(Collected data)
★ ★ ★
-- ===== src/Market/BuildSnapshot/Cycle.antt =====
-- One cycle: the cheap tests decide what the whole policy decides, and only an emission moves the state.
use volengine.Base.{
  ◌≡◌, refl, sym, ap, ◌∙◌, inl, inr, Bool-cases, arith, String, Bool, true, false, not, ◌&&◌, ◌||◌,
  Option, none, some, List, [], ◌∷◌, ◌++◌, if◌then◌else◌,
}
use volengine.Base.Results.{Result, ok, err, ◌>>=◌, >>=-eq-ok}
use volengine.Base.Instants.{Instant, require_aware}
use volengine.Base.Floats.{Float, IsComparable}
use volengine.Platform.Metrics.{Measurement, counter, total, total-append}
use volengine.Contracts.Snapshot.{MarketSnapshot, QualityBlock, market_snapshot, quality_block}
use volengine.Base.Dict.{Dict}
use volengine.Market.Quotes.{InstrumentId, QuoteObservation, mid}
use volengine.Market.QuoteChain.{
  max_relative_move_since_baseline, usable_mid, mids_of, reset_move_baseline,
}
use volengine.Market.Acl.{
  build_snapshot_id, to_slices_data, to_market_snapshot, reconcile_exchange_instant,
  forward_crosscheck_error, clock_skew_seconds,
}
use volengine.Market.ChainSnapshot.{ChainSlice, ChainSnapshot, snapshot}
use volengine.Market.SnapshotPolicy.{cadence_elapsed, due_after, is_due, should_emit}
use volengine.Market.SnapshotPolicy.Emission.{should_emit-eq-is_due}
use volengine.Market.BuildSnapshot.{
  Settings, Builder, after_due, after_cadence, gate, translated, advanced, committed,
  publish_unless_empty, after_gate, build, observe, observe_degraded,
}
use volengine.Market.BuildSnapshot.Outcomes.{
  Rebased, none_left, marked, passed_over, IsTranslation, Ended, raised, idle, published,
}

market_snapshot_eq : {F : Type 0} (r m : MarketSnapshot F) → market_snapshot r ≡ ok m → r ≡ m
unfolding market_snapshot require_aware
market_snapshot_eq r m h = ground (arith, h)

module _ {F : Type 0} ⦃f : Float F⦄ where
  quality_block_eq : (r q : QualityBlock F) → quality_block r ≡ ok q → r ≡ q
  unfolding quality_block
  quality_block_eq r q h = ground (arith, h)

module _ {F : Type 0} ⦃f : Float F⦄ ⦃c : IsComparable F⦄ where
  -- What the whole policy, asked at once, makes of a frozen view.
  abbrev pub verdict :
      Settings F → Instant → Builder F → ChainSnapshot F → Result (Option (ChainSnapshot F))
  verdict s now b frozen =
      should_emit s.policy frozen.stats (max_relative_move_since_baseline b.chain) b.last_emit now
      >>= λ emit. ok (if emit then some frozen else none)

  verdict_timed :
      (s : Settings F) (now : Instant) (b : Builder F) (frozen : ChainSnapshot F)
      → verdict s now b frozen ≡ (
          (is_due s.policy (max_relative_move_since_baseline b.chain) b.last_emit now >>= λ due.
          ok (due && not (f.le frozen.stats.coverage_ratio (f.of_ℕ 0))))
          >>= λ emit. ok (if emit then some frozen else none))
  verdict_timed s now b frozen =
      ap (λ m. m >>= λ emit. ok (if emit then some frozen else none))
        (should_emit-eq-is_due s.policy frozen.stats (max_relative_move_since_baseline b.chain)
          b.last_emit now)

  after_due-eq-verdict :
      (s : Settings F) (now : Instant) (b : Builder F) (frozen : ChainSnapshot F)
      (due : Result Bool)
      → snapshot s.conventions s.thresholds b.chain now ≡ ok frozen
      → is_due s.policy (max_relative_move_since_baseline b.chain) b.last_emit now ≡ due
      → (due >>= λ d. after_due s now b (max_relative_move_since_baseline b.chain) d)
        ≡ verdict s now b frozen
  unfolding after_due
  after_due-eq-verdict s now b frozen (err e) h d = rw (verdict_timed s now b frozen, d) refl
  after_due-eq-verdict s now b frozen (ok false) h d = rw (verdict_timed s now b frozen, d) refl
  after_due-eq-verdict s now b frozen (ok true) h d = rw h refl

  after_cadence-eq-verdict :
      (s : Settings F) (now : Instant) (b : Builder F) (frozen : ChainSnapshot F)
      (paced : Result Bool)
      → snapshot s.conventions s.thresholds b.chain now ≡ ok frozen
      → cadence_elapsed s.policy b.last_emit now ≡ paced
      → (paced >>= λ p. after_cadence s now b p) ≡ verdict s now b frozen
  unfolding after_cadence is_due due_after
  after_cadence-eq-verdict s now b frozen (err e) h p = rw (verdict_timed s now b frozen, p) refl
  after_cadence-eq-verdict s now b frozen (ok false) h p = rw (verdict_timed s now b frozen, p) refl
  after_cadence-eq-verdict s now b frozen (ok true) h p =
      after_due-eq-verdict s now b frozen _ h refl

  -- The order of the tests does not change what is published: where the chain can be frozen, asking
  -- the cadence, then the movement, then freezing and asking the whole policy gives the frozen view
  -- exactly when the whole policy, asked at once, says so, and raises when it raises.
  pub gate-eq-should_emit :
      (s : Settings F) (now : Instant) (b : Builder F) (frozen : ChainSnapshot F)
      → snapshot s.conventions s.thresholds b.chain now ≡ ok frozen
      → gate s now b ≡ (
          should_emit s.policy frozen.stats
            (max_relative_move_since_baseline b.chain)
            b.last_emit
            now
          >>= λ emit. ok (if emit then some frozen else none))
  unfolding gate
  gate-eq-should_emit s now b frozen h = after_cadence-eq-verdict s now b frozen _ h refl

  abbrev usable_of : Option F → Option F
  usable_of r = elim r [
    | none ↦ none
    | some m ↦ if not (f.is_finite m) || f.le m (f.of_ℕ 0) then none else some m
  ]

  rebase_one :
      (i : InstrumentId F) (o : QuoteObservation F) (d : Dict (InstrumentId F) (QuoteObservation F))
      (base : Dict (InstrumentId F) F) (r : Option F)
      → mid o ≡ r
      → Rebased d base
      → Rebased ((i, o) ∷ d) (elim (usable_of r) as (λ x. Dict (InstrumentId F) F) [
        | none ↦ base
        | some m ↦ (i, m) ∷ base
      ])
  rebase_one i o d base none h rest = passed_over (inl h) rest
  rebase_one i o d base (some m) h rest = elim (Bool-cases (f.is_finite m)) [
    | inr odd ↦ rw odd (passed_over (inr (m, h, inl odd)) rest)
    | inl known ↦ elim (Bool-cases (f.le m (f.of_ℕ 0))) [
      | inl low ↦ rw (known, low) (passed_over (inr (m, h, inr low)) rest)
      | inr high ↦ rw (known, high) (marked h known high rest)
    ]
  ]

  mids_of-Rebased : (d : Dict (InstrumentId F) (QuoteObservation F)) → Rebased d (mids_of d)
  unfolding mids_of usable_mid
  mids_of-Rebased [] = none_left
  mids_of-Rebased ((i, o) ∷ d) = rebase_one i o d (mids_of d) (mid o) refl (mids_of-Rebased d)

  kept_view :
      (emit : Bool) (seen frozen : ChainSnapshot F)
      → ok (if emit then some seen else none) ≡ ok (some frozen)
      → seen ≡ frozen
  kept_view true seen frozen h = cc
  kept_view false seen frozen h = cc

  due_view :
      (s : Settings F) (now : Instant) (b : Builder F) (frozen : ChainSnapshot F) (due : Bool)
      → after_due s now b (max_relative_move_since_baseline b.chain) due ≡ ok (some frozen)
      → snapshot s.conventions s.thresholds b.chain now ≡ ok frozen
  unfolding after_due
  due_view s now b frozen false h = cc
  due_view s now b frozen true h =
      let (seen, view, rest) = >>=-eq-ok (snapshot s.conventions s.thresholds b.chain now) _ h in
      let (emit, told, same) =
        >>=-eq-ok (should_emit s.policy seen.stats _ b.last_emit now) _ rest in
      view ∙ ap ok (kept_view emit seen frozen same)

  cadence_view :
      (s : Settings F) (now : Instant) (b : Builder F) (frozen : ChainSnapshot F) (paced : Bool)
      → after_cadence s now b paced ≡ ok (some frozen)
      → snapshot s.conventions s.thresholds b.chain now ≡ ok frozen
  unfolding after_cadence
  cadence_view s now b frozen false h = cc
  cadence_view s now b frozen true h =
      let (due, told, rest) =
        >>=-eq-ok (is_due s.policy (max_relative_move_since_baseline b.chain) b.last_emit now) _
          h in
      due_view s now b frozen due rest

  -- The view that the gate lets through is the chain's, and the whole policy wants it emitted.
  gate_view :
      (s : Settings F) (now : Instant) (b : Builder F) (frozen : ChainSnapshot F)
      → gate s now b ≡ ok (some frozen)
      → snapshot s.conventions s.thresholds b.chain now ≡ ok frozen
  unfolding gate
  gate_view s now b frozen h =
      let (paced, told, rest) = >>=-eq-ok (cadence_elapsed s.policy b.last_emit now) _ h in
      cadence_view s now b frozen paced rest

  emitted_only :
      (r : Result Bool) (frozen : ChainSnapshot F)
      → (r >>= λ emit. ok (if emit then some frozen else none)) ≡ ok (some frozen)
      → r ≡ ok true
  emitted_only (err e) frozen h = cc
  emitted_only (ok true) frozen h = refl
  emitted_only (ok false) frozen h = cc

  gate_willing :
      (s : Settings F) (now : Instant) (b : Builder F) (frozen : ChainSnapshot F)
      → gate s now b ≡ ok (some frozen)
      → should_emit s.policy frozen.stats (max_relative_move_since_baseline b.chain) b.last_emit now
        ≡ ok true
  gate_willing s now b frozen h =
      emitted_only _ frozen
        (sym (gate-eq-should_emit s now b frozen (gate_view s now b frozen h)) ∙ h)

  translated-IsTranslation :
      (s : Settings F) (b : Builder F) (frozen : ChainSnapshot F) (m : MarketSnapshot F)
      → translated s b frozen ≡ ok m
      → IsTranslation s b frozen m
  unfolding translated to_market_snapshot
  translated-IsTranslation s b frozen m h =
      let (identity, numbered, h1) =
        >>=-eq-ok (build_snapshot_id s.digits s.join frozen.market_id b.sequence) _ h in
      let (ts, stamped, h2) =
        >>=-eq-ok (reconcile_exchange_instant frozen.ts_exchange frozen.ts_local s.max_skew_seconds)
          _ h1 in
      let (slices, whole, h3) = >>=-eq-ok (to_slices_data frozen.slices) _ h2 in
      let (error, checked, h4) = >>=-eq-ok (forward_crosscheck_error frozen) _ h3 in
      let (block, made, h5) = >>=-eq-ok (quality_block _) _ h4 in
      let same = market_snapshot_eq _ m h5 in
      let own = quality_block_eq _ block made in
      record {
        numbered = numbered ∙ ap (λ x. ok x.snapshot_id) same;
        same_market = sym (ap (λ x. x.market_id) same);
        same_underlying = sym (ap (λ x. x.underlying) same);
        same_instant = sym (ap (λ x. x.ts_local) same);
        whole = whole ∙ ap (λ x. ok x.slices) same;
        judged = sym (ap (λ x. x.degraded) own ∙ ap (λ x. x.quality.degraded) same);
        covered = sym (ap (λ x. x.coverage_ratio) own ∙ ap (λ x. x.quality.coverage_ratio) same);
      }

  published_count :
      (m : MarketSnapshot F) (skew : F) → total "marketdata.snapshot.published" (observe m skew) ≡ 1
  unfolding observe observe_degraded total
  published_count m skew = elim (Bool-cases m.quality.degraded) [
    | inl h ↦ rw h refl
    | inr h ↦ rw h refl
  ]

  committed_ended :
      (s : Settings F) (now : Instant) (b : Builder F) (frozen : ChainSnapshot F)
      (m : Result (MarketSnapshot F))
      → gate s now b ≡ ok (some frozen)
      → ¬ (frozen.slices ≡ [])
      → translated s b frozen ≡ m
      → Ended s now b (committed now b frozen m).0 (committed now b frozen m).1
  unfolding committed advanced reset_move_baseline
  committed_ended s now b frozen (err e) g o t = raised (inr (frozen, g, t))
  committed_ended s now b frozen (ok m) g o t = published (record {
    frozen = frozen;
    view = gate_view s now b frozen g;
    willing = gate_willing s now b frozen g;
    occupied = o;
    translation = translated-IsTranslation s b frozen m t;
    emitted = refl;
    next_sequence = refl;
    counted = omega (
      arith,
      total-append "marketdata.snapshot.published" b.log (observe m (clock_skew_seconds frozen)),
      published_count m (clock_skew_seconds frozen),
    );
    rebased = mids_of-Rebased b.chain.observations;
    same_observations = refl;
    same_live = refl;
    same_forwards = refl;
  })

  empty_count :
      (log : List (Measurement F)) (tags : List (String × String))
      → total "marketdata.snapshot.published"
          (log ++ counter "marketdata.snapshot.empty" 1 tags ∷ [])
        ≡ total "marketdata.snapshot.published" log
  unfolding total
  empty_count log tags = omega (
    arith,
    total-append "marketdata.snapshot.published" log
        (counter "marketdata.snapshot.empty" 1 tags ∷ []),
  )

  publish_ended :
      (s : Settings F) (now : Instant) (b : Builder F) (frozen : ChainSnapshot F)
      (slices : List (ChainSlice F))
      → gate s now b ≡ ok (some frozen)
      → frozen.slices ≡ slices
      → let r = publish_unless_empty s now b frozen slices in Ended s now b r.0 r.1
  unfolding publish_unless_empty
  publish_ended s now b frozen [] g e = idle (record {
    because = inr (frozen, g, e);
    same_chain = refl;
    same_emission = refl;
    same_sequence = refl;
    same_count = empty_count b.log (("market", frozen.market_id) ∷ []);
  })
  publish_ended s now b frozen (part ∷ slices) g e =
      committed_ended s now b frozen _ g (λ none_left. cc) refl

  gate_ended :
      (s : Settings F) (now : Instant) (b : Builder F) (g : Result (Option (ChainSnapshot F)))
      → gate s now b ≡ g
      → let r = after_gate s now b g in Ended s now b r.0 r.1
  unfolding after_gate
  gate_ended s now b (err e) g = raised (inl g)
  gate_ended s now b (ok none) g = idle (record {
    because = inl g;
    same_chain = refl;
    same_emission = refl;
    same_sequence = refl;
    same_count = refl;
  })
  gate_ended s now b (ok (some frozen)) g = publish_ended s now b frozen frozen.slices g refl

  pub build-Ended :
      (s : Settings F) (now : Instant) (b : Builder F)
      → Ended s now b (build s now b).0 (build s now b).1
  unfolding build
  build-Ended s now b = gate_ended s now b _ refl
★ ★ ★
AIM OF THE TASK:
Would you copy all lines in the records where the string "append" appears?

EXERCISE RESULT:
use volengine.Platform.Metrics.{Measurement, counter, total, total-append}
      total-append "marketdata.snapshot.published" b.log (observe m (clock_skew_seconds frozen)),
    total-append "marketdata.snapshot.published" log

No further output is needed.